I am not able to drag and drop items between my Knime window and my browser. It’s a longstanding issue that can’t be solved by the many ‘solutions’ I Googled on the net. I believe majority of the active forum contributors here use Apple products, so I’m lacking help in this area.

Interesting, I’m on Windows 10 and have used KNIME on four different machines without problems with dragging and dropping components from hub.

Maybe good if you posted a new thread (apologies if you have already) with the problems you get, describing what happens when you try. Would be interested to try to help resolve it as is a useful feature.

1 Like

Thank you! When I do, I’ll tag you. But it won’t be in the near future, since I am preoccupied with my Twitter project at the moment. :ok_hand:

1 Like

I have to minimize the browser window so that I can see both open programs to get it to work, but it has always worked for me on windows 10 / 11 on dozens of PCs.

Thank you @bruno29a for sharing an alternative syntax. At the moment, I am using that simple syntax I wrote, and it seems to be working fine; it’s merely for identification rather than removal.

1 Like

@bruno29a @takbb @iCFO , if you guys are still online, would you be kind enough to do a quick check for me ? I want to confirm whether the timestamp we’re seeing on Twitter is standardized to everyone living at different timezones, or if it’s different according to one’s device? For example, this tweet by NBCNews about 20 minutes ago appears to me like this:

Is it different for you?

I see it in my local timezone (BST) in the UK.

1 Like

Thanks! It seems that both the Twitter web app and Knime’s Twitter API results show updated timestamps as soon as I changed the timezone of my computer.

Good day everybody. It is never my intention to delve into the Column Aggregator topic further, but since I made a new Twitter query today, I decided to adopt @DiaAzul 's assumption into my revised workflow. In alignment with the assumption that

which I thought to make sense, I went with that choice. I had never tested the Missing value count method the other day.

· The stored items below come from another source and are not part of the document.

-- ===== src/Paperpad/Mxcfb/Present/Shown.antt =====
-- A frame of the viewport reaches the mapping and the kernel.
use rust_x11_hello.Prelude.{
  ℕ, ◌+◌, ◌-◌, ◌*◌, ◌^◌, ◌≤◌, ◌<◌, ◌≡◌, ◌∙◌, inl, inr, refl, sym, arith, List, ◌∷◌, ok, Result,
  ◌>>◌, map_err, length, replicate,
}
use rust_x11_hello.Prelude.Int.{ℤ}
use rust_x11_hello.Protocol.Frame.Owned.{IsImage}
use rust_x11_hello.Paperpad.Ui.Screen.{ScreenRect}
use rust_x11_hello.Paperpad.Display.{RemoteFrame}
use rust_x11_hello.Paperpad.Mxcfb.Region.{UpdateRegion, checked_visible_region}
use rust_x11_hello.Paperpad.Mxcfb.Region.Regions.{region_of, remote_update_region-ok}
use rust_x11_hello.Paperpad.Mxcfb.Request.{
  UpdateDataMtk, full_gc16_request_for_region, next_marker, request_for,
  next_full_gc16_remote_request,
}
use rust_x11_hello.Paperpad.Mxcfb.Pixels.{
  remote_origin, check_rows, PreparedRemote, prepare_remote, row_offset, row_bytes,
}
use rust_x11_hello.Paperpad.Mxcfb.Pixels.Blit.{IsShown, length-blit_rows}
use rust_x11_hello.Paperpad.Mxcfb.Pixels.Ready.{
  ready, prepare_remote-ready, remote_origin-ok, check_rows-ok, last_end, origin_of,
  length-replicate,
}
use rust_x11_hello.Paperpad.Mxcfb.Mapped.{
  WritableFramebuffer, MappedError, write_prepared, check_prepared,
}
use rust_x11_hello.Paperpad.Mxcfb.Mapped.Stores.{stored, write_prepared-Atomic}
use rust_x11_hello.Paperpad.Mxcfb.Mapped.Remote.{check_prepared-ok}
use rust_x11_hello.Paperpad.Mxcfb.Metadata.{FramebufferInfo}
use rust_x11_hello.Paperpad.Mxcfb.Present.{
  Device, SubmittedUpdate, PresentError, submit_refused, ioctl_result, submit_update, ask_kernel,
  check_submitted, submit_checked, ensure_matching_update_region, submit_written, write_matching,
  write_requested, present_prepared, present_remote, remapped,
}
use rust_x11_hello.Paperpad.Mxcfb.Present.Ready.{
  IsDevice, viewport, info_page, info_words, info_some, info-IsShown, parts, size,
}

check_submitted-ok :
    (r : UpdateRegion) (marker vw vh : ℕ)
    → 0 < marker
    → 0 < r.width
    → 0 < r.height
    → r.left + r.width ≤ vw
    → r.top + r.height ≤ vh
    → vw < 2 ^ 32
    → vh < 2 ^ 32
    → check_submitted (full_gc16_request_for_region r marker) vw vh ≡ ok tt
unfolding check_submitted checked_visible_region full_gc16_request_for_region
check_submitted-ok r marker vw vh hm hw hh right bottom fw fh = ground arith

-- The device once it has asked the kernel
abbrev pub asking : Device → UpdateDataMtk → Device
asking device request = record device {
  asked = record { request = request; bytes = device.opened.mapping.bytes } ∷ device.asked;
}

-- The request for a region with a marker that is not zero is submitted as it is.
submit_update-ok :
    (ioctl : UpdateDataMtk → ℤ) (d : Device) (r : UpdateRegion) (marker vw vh : ℕ)
    → 0 < marker
    → 0 < r.width
    → 0 < r.height
    → r.left + r.width ≤ vw
    → r.top + r.height ≤ vh
    → vw < 2 ^ 32
    → vh < 2 ^ 32
    → submit_update ioctl d (full_gc16_request_for_region r marker) vw vh
      ≡ ask_kernel ioctl d (full_gc16_request_for_region r marker)
unfolding submit_update submit_checked
submit_update-ok ioctl d r marker vw vh hm hw hh right bottom fw fh =
    rw (check_submitted-ok r marker vw vh hm hw hh right bottom fw fh) refl

-- What is left to the kernel: the answer to the request
abbrev pub answer :
    (UpdateDataMtk → ℤ) → UpdateDataMtk → ScreenRect → Result PresentError SubmittedUpdate
answer ioctl request region =
    map_err submit_refused (ioctl_result (ioctl request))
    >> ok (record { marker = request.update_marker; region = region })

ensure_matching-ok :
    (region : ScreenRect) (marker : ℕ)
    → ensure_matching_update_region region (full_gc16_request_for_region (region_of region) marker)
      ≡ ok tt
unfolding ensure_matching_update_region full_gc16_request_for_region
ensure_matching-ok region marker = ground arith

pub write_requested-ok :
    (ioctl : UpdateDataMtk → ℤ) (d : Device) (region : ScreenRect) (marker : ℕ)
    (write : WritableFramebuffer → Result MappedError ScreenRect × WritableFramebuffer)
    (fb : WritableFramebuffer)
    → 0 < marker
    → 0 < region.width
    → 0 < region.height
    → region.x + region.width ≤ d.opened.info.spec.visible_width
    → region.y + region.height ≤ d.opened.info.spec.visible_height
    → d.opened.info.spec.visible_width < 2 ^ 32
    → d.opened.info.spec.visible_height < 2 ^ 32
    → write d.opened.mapping ≡ (ok region, fb)
    → write_requested ioctl d
        (ok (full_gc16_request_for_region (region_of region) marker))
        region
        write
      ≡ (
        answer ioctl (full_gc16_request_for_region (region_of region) marker) region,
        asking (remapped d fb) (full_gc16_request_for_region (region_of region) marker),
      )
unfolding write_requested write_matching submit_written ask_kernel
write_requested-ok ioctl d region marker write fb hm hw hh right bottom fw fh written =
    let submitted =
      submit_update-ok ioctl (remapped d fb) (region_of region) marker
        d.opened.info.spec.visible_width d.opened.info.spec.visible_height hm hw hh right bottom fw
        fh in
    rw (ensure_matching-ok region marker, written, submitted) refl

-- A device, and a frame that is an image with the dimensions of its viewport
module _ (ioctl : UpdateDataMtk → ℤ) (d : Device) (frame : RemoteFrame) (v : IsDevice d)
    (image : IsImage frame.pixel_format frame.width frame.height frame.stride frame.pixels)
    (ew : frame.width ≡ d.opened.info.screen.remote_viewport.width)
    (eh : frame.height ≡ d.opened.info.screen.remote_viewport.height) where
  abbrev info : FramebufferInfo
  info = d.opened.info

  abbrev region : ScreenRect
  region = info.screen.remote_viewport

  pub shown : IsShown frame info.screen info.spec
  shown = info-IsShown info v.info frame ew eh

  abbrev pub p : PreparedRemote
  p =
      ready info.geometry.xres info.geometry.yres frame info.screen info.spec info.mapping_len
        v.info.screen (info_words info v.info v.words) shown (viewport info v.info).1
        (viewport info v.info).0 (info_page info v.info) v.small

  prepare-ok : prepare_remote frame info.screen info.spec info.mapping_len ≡ ok p
  prepare-ok =
      prepare_remote-ready info.geometry.xres info.geometry.yres frame info.screen info.spec
        info.mapping_len v.info.screen (info_words info v.info v.words) shown
        (viewport info v.info).1 (viewport info v.info).0 (info_page info v.info) v.small
        (info_some info v.info)

  some_columns : 0 < info.screen.physical_size.0
  some_columns = omega (arith, (viewport info v.info).0, (parts info v.info).wide)

  abbrev request : UpdateDataMtk
  request = full_gc16_request_for_region (region_of region) d.markers.next

  request-ok :
      next_full_gc16_remote_request info.screen info.spec.visible_width info.spec.visible_height
        d.markers
      ≡ (ok request, (next_marker d.markers).1)
  unfolding next_full_gc16_remote_request request_for next_marker
  request-ok =
      let (ex, ey) = size info v.info in
      let made =
        remote_update_region-ok info.screen (parts info v.info)
          (omega (arith, ey, v.info.same, v.info.tall)) (omega (arith, ex, some_columns)) in
      rw (← ex, ← ey) (rw made refl)

  abbrev pub after : WritableFramebuffer
  after = stored d.opened.mapping (row_offset p) (row_bytes p) p.height 0

  abbrev pub blank : List ℕ
  blank = replicate info.mapping_len 0

  pub placed : remote_origin region info.spec ≡ ok (origin_of region info.spec)
  placed =
      remote_origin-ok info.geometry.xres info.geometry.yres frame info.screen info.spec
        info.mapping_len v.info.screen (info_words info v.info v.words) shown
        (viewport info v.info).1 (viewport info v.info).0 (info_page info v.info) v.small

  pub fits : check_rows region info.spec (origin_of region info.spec) (length blank) ≡ ok tt
  fits =
      check_rows-ok info.geometry.xres info.geometry.yres frame info.screen info.spec
        info.mapping_len v.info.screen (info_words info v.info v.words) shown
        (viewport info v.info).1 (viewport info v.info).0 (info_page info v.info) v.small
        (length blank) (length-replicate info.mapping_len 0)

  pub narrow : region.width ≤ info.spec.line_length
  narrow = omega (arith, (parts info v.info).wide, size info v.info, shown.right, shown.line)

  pub room :
      p.first_offset + (region.height - 1) * info.spec.line_length + region.width
      ≤ length d.opened.mapping.bytes
  room =
      let end =
        last_end info.geometry.xres info.geometry.yres frame info.screen info.spec info.mapping_len
          v.info.screen (info_words info v.info v.words) shown (viewport info v.info).1
          (viewport info v.info).0 (info_page info v.info) v.small in
      rw v.len (grind (arith, end))

  pub buffered : length p.buffer ≡ length d.opened.mapping.bytes
  buffered =
      length-blit_rows info.geometry.xres info.geometry.yres frame info.screen info.spec
        (origin_of region info.spec) blank v.info.screen image shown placed fits
      ∙ length-replicate info.mapping_len 0
      ∙ sym v.len

  checked : check_prepared d.opened.mapping p ≡ ok tt
  checked =
      check_prepared-ok d.opened.mapping p (rw v.geometry v.info.same) buffered
        (omega (arith, v.len, v.small)) narrow room

  written : write_prepared d.opened.mapping p ≡ (ok region, after)
  written = elim (write_prepared-Atomic d.opened.mapping p) [
    | inl (passed, done) ↦ done
    | inr (e, failed, kept) ↦ absurd (cc (failed, checked))
  ]

  abbrev pub next : Device
  next = asking (remapped (record d { markers = (next_marker d.markers).1 }) after) request

  right : region.x + region.width ≤ info.spec.visible_width
  right = omega (arith, (parts info v.info).left, (parts info v.info).wide, size info v.info)

  bottom : region.y + region.height ≤ info.spec.visible_height
  bottom = omega (arith, (parts info v.info).top, (parts info v.info).rows, size info v.info)

  small_width : info.spec.visible_width < 2 ^ 32
  small_width = omega (arith, v.info.small, v.info.same)

  small_height : info.spec.visible_height < 2 ^ 32
  small_height = omega (arith, v.info.small, v.info.same)

  pub present_remote-ok : present_remote ioctl d frame ≡ (answer ioctl request region, next)
  unfolding present_remote present_prepared
  present_remote-ok =
      rw (prepare-ok, request-ok)
        (write_requested-ok ioctl (record d { markers = (next_marker d.markers).1 }) region
          d.markers.next (λ fb. write_prepared fb p) after v.marker (viewport info v.info).0
          (viewport info v.info).1 right bottom small_width small_height written)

To my surprise, it took quite a long time to finish. What happens after that is my curiosity (which kills the cat) develops, so I decided to do a proper trial for all 3 options. So here are some background, and the results:

  1. Test table dimension was 7816 x 11, where most columns were of String types, along with Long, PNG Image and Integer types. All methods result in a table of 3844 x 11 dimension.

  2. In between each test, I closed and re-opened the workflow, and ran the Garbage Collector before and after the workflow re-opening.

  3. The Timer Info Node was used to measure the execution time.

Curiosity did kill the cat. We all (or most of us) sided with Concat, but it turned out that Set won the race!

Maybe what @takbb wrote above may help explain this:

:man_shrugging:

Anyways, have a good weekend!

2 Likes

If you want to do benchmarking of different methods you can also use the Benchmark Start / End nodes from the Vernalis community contribution

You can also run the garbage collector during each iteration if you with using either of teh 2 Vernalis Garbage Collector nodes:

Steve

2 Likes

Thought I’d tag your other post re drag and drop here, in case future people find this and have a similar question…

2 Likes

This topic was automatically closed 90 days after the last reply. New replies are no longer allowed.